Search code examples
intervalscomputational-geometrytheory

Find a start and an ending of an interval which intersects with the table of others the most


Here's a task:

Curators of the summer flowers exhibition were preparing for the event. They had to find a time during which the biggest amount of flowers were blooming. They've had a table which contained (0<n<30) flowers and their properties:

ID, the start and the end of blooming season (StartMonth, StartDay, EndMonth, EndDay)

Help the curators find the earliest time during which most flowers bloom(the start and the end of the interval) for the exhibition.

Note: the right time does not necessarily have to be an already existing interval

Since this is an assignment I'd like to do the most of it by myself, I'd just like to get an advice on how to theoretically solve this problem.

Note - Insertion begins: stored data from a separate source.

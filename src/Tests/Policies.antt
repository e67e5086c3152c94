-- ===== src/Tests/Policies.antt =====
-- Policies over a small model of addresses: 0 is not valid, 127 is the loopback, and the rest are
-- ordinary; a prefix is one address, and texts with a letter "a" parse as the address 8.
use ntwire.Base.{
  ℕ, String, ◌≡◌, refl, ◌≢◌, ◌↔◌, inl, true, false, not, none, [], ◌∷◌, ◌==◌, string_discrete,
}
use ntwire.Base.{ok, refuted}
use ntwire.Egress.Filter.{
  Netip, denied_by_default, filter_match, net_match, matches_any_cidr, any_contains, parse_prefixes,
  member, new_filter, allowed,
}
use ntwire.Egress.Policy.{
  DestinationPolicy, CompiledPolicy, DestinationContext, policy_allowed, has_name, policy_named,
  policies_allow, compile_protocols, compile_ports, compile_policy, decide, destination_allowed,
}
use ntwire.Egress.Policy.Floor.{Approves, destination_allowed_iff, destination_allowed-floor}

abbrev net : Netip ℕ ℕ String
net = record {
  unmap = λ a. a;
  is_valid = λ a. not (a == 0);
  is_loopback = λ a. a == 127;
  is_unspecified = λ a. false;
  is_link_local_unicast = λ a. false;
  is_link_local_multicast = λ a. false;
  is_interface_local_multicast = λ a. false;
  is4 = λ a. true;
  addr = λ p. p;
  contains = λ p a. p == a;
  parse_prefix = λ s. ok 8;
  has_suffix = λ s t. false;
}

abbrev id_text : String → String
id_text s = s

abbrev to_dns : DestinationPolicy
to_dns = record {
  filters = "8" ∷ [];
  domain_filters = [];
  asn_filters = [];
  only_local = false;
  reverse_filters = false;
  allow_all = false;
  protocols = "udp" ∷ [];
  ports = 53 ∷ [];
}

abbrev compiled : CompiledPolicy ℕ ℕ
compiled = record {
  filter = record {
    allow_local = false;
    only_local = false;
    cidrs = 8 ∷ [];
    domains = [];
    asns = [];
    invert = false;
    allow_all = false;
    has_filters = true;
    asn_lookup = none;
  };
  protocols = "udp" ∷ [];
  ports = 53 ∷ [];
}

to_dns-compiled : compile_policy net id_text id_text [] to_dns none ≡ ok compiled
unfolding compile_policy new_filter parse_prefixes compile_protocols string_discrete compile_ports
to_dns-compiled = refl

abbrev query : DestinationContext ℕ
query = record { hostname = ""; protocol = "udp"; ip = 8; port = 53 }

query-decided : decide net id_text id_text [] compiled query ≡ policy_allowed
unfolding decide has_name string_discrete member allowed denied_by_default filter_match net_match
    matches_any_cidr any_contains
query-decided = refl

query-allowed :
    destination_allowed net id_text id_text [] (("dns", compiled) ∷ []) "dns" "" query ≡ true
unfolding destination_allowed policies_allow policy_named string_discrete decide has_name member
    allowed denied_by_default filter_match net_match matches_any_cidr any_contains
query-allowed = refl

destination_allowed_iff_example :
    (destination_allowed net id_text id_text [] (("dns", compiled) ∷ []) "dns" "" query ≡ true) ↔ (
      Approves net id_text id_text [] (("dns", compiled) ∷ []) query "dns"
      × Approves net id_text id_text [] (("dns", compiled) ∷ []) query "")
destination_allowed_iff_example =
    destination_allowed_iff net id_text id_text [] (("dns", compiled) ∷ []) "dns" "" query

abbrev dns_name : String
dns_name = "dns"

named : dns_name ≢ ""
unfolding string_discrete
named = refuted (string_discrete dns_name "") refl

destination_allowed-floor_example : denied_by_default net 8 ≡ false
destination_allowed-floor_example =
    destination_allowed-floor net id_text id_text [] (("dns", compiled) ∷ []) "dns" "" query
      ((to_dns, none, to_dns-compiled), tt) (inl named) query-allowed
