-- ===== src/Tests/Registries.antt =====
-- Inputs for the relay's registry.
use ntwire.Base.{
  none, List, ite, String, ◌≡◌, refl, ◌≢◌, ◌↔◌, false, some, [], ◌∷◌, arith, tally, lookup, delete,
  insert, string_discrete, test,
}
use ntwire.Relay.Limits.{Limits}
use ntwire.AuthLimit.Nonces.{new_nonce_cache, use_nonce}
use ntwire.Protocol.Payload.{relay_register_payload, write_payload, write_fields}
use ntwire.Protocol.Capabilities.{validate_required_capabilities}
use ntwire.Relay.Registry.{
  Registration, Agent, Registry, ServerEndpoint, kubernetes, redeem, open_start, open_delivered,
  register_agent, no_tenant,
}
use ntwire.Relay.Registry.Accounting.{IsAccounted}
use ntwire.Relay.Registry.Steps.{here, next, registers, opens, step, Reach-IsAccounted}
use ntwire.Relay.Registry.Redemption.{redeem_once}
use ntwire.Relay.Registry.Capacity.{cap_exceeded, conns_of}
use ntwire.Relay.Registry.Kubernetes.{upsert, remove}
use ntwire.Relay.Registry.Kubernetes.History.{Op, upserts, removes, run, claimed, in_service_iff}
use ntwire.Relay.Registry.Register.{
  authenticate, Checked, KeyOps, RegisterRequest, register, Proven, register-Proven,
  register_replayed,
}
use ntwire.Relay.Registry.Agents.{
  replace_registrations, replace_registrations-authorized, IsRegistered,
}

abbrev caps : Limits
caps = record {
  handshake_timeout = 5;
  dial_back_timeout = 5;
  max_pending_per_server = 2;
  max_conns_per_server = 1;
  udp_relay_idle_timeout = 60;
  max_udp_relay_sessions_per_server = 2;
  max_registrations_per_minute = 30;
  max_pending_registrations = 10;
}

abbrev acme : Registration
acme = record { name = "acme"; public_key = "key"; listen = "" }

abbrev agent_one : Agent
agent_one = record { id = 1; name = "acme"; fingerprint = "key" }

abbrev empty : Registry
empty = record {
  by_fingerprint = ("key", acme) ∷ [];
  tenants = [];
  pending = [];
  nonces = new_nonce_cache 10 4;
  kubernetes = [];
  conflicts = [];
  limits = caps;
  discovered_usage = [];
}

empty-IsAccounted : IsAccounted empty
unfolding lookup tally
empty-IsAccounted = record { ids = tt; exact = λ n. refl }

abbrev print : String → String
print s = s

abbrev connected : Registry
connected = step print (registers "acme" agent_one) empty

Reach-IsAccounted_example : IsAccounted (step print (opens 3 "acme" (some "c1")) connected)
unfolding step register_agent lookup
Reach-IsAccounted_example =
    Reach-IsAccounted print empty (step print (opens 3 "acme" (some "c1")) connected)
      empty-IsAccounted
      (next (next here (registers "acme" agent_one) tt) (opens 3 "acme" (some "c1")) (λ id e. refl))

abbrev waiting : Registry
waiting = step print (opens 3 "acme" (some "c1")) connected

redeem_once_example :
    (redeem 5 "c1" (step print (registers "acme" agent_one) (redeem 4 "c1" waiting).0)).1 ≡ false
redeem_once_example =
    redeem_once print "c1" 4 5 waiting
      (step print (registers "acme" agent_one) (redeem 4 "c1" waiting).0)
      (next here (registers "acme" agent_one) tt) (tt, grind arith)

abbrev full : Registry
full = record empty {
  tenants = ("acme", record { agent = some agent_one; pending = 1; live = 0 }) ∷ [];
  pending = ("c1", record { name = "acme"; expires = 8 }) ∷ [];
}

full-IsAccounted : IsAccounted full
unfolding lookup tally
full-IsAccounted = record { ids = (refl, tt); exact = λ n. ground arith }

cap_exceeded_example :
    conns_of "acme"
      (open_delivered "acme" (open_start 5 "acme" (some "c2") (redeem 4 "c1" full).0).0)
    ≡ 2
unfolding lookup string_discrete
cap_exceeded_example =
    cap_exceeded 4 5 "c1" "c2" (record { name = "acme"; expires = 8 })
      (record { agent = some agent_one; pending = 1; live = 0 }) agent_one full full-IsAccounted
      refl refl refl (omega arith) refl

abbrev web : ServerEndpoint
web = record {
  hostname = "web.example";
  address = "10.0.0.1:443";
  namespace = "n";
  service = "web";
  tenant = "acme";
  source = kubernetes;
  id = "n/web";
}

-- another Service that claims the same hostname
abbrev mirror : ServerEndpoint
mirror = record {
  hostname = "web.example";
  address = "10.0.0.2:443";
  namespace = "n";
  service = "mirror";
  tenant = "acme";
  source = kubernetes;
  id = "n/mirror";
}

abbrev disputed : List Op
disputed = upserts mirror ∷ upserts web ∷ []

abbrev conceded : List Op
conceded = removes "web.example" "n/web" ∷ disputed

disputed-out : lookup string_discrete "web.example" (run disputed empty).kubernetes ≡ none
unfolding run upsert remove lookup insert delete string_discrete
disputed-out = refl

conceded-back : lookup string_discrete "web.example" (run conceded empty).kubernetes ≡ some mirror
unfolding run upsert remove lookup insert delete string_discrete
conceded-back = refl

in_service_iff_example :
    (lookup string_discrete "web.example" (run conceded empty).kubernetes ≡ some mirror) ↔ (
      (id : String)
      → claimed conceded "web.example" id ≡ ite (string_discrete "n/mirror" id) (some mirror) none)
in_service_iff_example = in_service_iff empty conceded "web.example" mirror refl refl

abbrev keys : KeyOps
keys = record {
  parse_timestamp = λ s. some 100;
  parse_public = λ s. some s;
  fingerprint = λ s. s;
  verify = λ key payload sig. test (string_discrete sig "signed");
  utf8 = λ s. 1 ∷ [];
}

abbrev claim : RegisterRequest
claim = record {
  version = 1;
  public_key = "key";
  name = "acme";
  timestamp = "t";
  nonce = "n1";
  signature = "signed";
  required_capabilities = [];
}

claim-accepted : (register keys 101 claim empty).1 ≡ Checked.ok ("acme", "key")
unfolding register authenticate validate_required_capabilities lookup string_discrete
    relay_register_payload write_payload write_fields use_nonce new_nonce_cache
claim-accepted = refl

-- The cache still holds the nonce, from before its ttl of 10.
abbrev stale : Registry
stale = record empty { nonces = record { ttl = 10; max = 4; seen = ("n1", 50) ∷ [] } }

stale-accepted : (register keys 101 claim stale).1 ≡ Checked.ok ("acme", "key")
unfolding register authenticate validate_required_capabilities lookup string_discrete
    relay_register_payload write_payload write_fields use_nonce new_nonce_cache
stale-accepted = refl

register-Proven_example : Proven keys 101 claim stale "acme" "key"
register-Proven_example = register-Proven keys 101 claim stale "acme" "key" stale-accepted

register_replayed_example :
    (register keys 105 claim (register keys 101 claim empty).0).1 ≢ Checked.ok ("acme", "key")
unfolding register authenticate validate_required_capabilities lookup string_discrete
    relay_register_payload write_payload write_fields use_nonce new_nonce_cache
register_replayed_example =
    register_replayed keys 101 105 claim claim empty "acme" "key" "acme" "key" claim-accepted refl
      (omega arith)

replace_registrations-authorized_example : IsRegistered print (acme ∷ []) "acme" "key"
unfolding replace_registrations lookup string_discrete step register_agent insert delete
replace_registrations-authorized_example =
    replace_registrations-authorized print (acme ∷ []) connected "acme"
      (record no_tenant { agent = some agent_one }) agent_one refl refl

A sample of the blooming seasons:

  • In a "txt" file:

121 6 15 7 25

102 7 1 8 14

236 6 30 8 31

141 7 31 8 10

111 7 1 7 20

128 6 2 6 3

  • Visual representation (Not the same data as in "txt")

enter image description here

To start with I'll introduce my approach:

  1. The first thing I did is converted the interval's Month and Day to one number format (example in a MM-DD: 08-15 I've changed to 30 + 31 + 15 = 76)
  2. After that, for the first time I check through all of the intervals and save separately one which has the most intersections.
  3. Later I check all the intervals again but this time I compare them specifically to the saved one, if they do not intersect with it they get deleted, in this way I reduce the noise.
  4. At this point I thought that all that was left to do was to find the smallest interval that intersects with the saved one. However, I was wrong. I've not taken into consideration that the smallest interval could have only had one intersection.
  5. After a while I've come to a realization that I need to find an interval which has the most intersections and is smallest out of the given set. But how can I find both?
  6. No doubt there are even more holes in my theory. I'm pretty sure that even if I pull it off it'll still have tons of exceptions.

Now thinking about it an idea popped in my mind is that i could try to just make a struct of 92 days and then count which days contain most blooming seasons. This would be pretty easy but I wouldn't be happy with this solution since it would be too inefficient. (Chuckles) What about when compared to my current code which matches intervals again and again. Would it still be inefficient? :D

I've also seached the internet for the answer but managed to find only the half of it.

All in all I'd love to hear other opinions. What are the ways to properly deal with this? Is my approach reasonable or should I look for another one? Your help would be greatly appreciated. Again I'm not asking for a full soliution, just nudge towards the answer. Thanks in advance.


Solution

  • Sort all interval bounds by increasing date, weighting them +1 for a beginning and -1 for an ending.

    Now scan the list in chronological order, adding the point weights as you go. Every time, this gives the number of different blooming flowers. In your case, 012345456... 0.

    At the same time, keep the bound giving the highest count so far (in case of ties, keep the earliest value). The end of the highest interval is simply the next bound.


    If several intervals begin or end simultaneously, process the ones ending first, to avoid zero-duration solutions. (To achieve this, it suffices to craft a comparison function such that in case of tie, -1 has precedence.)